[Saved entries]
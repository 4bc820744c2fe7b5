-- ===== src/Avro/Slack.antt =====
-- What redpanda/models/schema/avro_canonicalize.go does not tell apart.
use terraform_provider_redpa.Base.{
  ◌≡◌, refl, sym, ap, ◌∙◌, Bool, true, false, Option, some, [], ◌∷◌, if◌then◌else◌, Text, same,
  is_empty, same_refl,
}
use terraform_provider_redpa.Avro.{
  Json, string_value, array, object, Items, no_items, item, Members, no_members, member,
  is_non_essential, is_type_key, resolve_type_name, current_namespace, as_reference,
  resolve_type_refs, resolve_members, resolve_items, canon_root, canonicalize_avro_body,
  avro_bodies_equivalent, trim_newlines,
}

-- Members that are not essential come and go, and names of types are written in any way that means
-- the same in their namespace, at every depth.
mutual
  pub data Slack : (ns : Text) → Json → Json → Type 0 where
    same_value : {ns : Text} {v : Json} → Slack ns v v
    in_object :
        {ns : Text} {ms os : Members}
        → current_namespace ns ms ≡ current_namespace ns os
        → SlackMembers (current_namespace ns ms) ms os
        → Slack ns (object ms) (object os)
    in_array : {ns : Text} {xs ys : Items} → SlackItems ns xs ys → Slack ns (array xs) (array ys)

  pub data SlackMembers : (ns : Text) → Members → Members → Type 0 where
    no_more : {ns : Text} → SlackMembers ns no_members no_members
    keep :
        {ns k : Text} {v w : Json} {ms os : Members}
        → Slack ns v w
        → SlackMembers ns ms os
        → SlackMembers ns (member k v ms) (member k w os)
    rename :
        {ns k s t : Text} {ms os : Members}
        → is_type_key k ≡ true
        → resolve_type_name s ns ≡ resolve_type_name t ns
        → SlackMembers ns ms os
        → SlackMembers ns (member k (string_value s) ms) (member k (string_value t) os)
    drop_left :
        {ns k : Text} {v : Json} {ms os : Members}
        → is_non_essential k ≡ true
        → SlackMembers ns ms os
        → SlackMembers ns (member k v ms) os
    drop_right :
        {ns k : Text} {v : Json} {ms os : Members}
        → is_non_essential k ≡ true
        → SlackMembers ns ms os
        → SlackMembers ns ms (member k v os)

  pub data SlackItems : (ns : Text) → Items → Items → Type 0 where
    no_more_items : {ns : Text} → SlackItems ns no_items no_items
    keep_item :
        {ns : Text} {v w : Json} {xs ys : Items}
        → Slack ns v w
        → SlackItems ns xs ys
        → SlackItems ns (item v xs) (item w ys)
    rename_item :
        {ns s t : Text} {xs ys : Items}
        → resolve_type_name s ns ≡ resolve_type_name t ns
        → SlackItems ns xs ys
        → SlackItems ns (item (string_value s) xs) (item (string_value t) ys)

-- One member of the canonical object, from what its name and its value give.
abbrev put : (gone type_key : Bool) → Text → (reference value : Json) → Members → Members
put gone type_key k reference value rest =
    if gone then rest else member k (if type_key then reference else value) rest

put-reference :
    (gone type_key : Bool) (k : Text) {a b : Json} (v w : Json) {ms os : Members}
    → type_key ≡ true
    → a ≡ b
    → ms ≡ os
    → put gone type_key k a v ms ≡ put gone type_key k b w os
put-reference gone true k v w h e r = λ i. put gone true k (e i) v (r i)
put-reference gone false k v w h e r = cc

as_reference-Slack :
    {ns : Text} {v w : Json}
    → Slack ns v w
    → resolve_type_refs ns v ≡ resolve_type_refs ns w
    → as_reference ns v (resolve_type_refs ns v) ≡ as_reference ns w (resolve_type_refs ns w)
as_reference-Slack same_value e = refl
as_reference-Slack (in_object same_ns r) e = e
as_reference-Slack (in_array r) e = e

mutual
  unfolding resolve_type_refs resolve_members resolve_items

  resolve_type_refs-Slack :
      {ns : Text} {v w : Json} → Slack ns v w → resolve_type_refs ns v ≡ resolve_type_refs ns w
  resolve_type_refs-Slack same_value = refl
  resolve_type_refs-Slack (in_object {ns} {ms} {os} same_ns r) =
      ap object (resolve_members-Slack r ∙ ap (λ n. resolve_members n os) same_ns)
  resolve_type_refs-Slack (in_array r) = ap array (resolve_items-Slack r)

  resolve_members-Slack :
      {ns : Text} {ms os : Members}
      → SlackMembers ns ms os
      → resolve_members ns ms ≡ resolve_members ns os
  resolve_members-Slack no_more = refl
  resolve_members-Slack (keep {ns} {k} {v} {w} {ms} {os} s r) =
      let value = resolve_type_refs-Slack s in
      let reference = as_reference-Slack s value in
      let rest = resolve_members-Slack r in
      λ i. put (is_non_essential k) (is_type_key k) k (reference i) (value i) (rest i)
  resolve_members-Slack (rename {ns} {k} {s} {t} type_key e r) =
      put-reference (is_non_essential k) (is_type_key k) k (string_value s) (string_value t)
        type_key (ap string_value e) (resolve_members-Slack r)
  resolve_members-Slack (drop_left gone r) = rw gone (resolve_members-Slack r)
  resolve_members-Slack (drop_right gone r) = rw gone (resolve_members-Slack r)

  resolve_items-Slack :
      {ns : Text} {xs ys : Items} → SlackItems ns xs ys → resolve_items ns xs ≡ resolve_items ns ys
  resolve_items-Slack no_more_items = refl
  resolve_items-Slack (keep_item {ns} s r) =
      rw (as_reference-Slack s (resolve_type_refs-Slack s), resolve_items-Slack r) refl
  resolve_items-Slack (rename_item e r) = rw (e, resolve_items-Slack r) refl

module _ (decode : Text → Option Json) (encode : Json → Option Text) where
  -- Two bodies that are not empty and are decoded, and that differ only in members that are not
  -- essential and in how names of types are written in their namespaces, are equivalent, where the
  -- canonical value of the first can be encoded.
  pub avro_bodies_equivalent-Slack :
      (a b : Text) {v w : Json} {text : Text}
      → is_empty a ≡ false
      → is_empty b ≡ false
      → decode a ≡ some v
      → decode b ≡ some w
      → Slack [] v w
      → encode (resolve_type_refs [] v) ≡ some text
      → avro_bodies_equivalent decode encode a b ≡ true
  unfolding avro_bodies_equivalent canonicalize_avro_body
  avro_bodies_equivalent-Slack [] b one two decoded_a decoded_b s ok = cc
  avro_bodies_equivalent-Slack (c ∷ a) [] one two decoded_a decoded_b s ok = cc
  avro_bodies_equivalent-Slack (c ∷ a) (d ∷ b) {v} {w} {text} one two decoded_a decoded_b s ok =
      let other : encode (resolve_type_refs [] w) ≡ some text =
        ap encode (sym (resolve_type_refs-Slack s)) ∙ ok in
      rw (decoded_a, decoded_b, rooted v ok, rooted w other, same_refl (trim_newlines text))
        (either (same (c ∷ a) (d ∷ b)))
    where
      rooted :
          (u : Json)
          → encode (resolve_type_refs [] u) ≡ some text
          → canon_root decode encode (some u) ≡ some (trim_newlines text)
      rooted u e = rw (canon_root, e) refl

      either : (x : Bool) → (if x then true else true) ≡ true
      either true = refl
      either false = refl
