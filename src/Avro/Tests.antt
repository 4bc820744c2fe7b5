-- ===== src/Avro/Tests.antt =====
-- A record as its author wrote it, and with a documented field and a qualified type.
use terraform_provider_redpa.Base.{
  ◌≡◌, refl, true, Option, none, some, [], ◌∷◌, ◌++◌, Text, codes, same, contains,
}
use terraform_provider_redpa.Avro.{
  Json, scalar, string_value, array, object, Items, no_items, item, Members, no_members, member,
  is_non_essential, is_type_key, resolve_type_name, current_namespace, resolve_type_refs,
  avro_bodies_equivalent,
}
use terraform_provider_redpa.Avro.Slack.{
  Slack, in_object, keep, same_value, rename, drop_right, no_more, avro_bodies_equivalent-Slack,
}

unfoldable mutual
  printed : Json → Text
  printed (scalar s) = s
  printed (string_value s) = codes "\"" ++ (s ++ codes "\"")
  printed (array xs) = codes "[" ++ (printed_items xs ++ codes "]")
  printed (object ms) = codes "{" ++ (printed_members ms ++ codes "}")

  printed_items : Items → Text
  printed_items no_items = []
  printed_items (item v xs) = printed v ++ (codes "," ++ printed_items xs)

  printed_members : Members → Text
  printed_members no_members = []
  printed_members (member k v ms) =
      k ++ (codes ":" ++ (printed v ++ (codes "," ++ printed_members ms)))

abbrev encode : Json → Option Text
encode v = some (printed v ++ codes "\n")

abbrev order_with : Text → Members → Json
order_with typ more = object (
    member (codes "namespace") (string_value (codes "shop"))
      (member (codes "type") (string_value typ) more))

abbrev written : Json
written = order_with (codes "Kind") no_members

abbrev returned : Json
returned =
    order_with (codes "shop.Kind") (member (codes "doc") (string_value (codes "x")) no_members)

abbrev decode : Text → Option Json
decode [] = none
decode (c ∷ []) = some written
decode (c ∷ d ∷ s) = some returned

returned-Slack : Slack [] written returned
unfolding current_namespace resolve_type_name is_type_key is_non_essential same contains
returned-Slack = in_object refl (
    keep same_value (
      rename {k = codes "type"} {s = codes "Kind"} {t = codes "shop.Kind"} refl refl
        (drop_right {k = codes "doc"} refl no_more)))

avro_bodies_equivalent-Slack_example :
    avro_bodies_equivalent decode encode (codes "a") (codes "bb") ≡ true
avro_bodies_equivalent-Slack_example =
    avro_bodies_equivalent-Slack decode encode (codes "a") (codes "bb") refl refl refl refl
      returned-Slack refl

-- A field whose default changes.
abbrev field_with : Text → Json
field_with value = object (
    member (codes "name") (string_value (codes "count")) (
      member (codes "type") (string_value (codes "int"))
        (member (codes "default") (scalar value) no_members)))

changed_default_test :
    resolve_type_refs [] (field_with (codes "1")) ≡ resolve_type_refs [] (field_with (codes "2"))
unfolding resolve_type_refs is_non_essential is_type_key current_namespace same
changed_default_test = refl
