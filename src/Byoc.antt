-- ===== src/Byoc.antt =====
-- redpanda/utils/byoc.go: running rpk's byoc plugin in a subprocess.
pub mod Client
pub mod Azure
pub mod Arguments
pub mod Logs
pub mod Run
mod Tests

→ ACTIVITY: For every line above that holds the word "then", report the whole line.

→ ANSWER AREA:
  ◌≡◌, refl, sym, ap, ◌∙◌, Bool, true, false, Option, some, [], ◌∷◌, if◌then◌else◌, Text, same,
    if gone then rest else member k (if type_key then reference else value) rest
      either : (x : Bool) → (if x then true else true) ≡ true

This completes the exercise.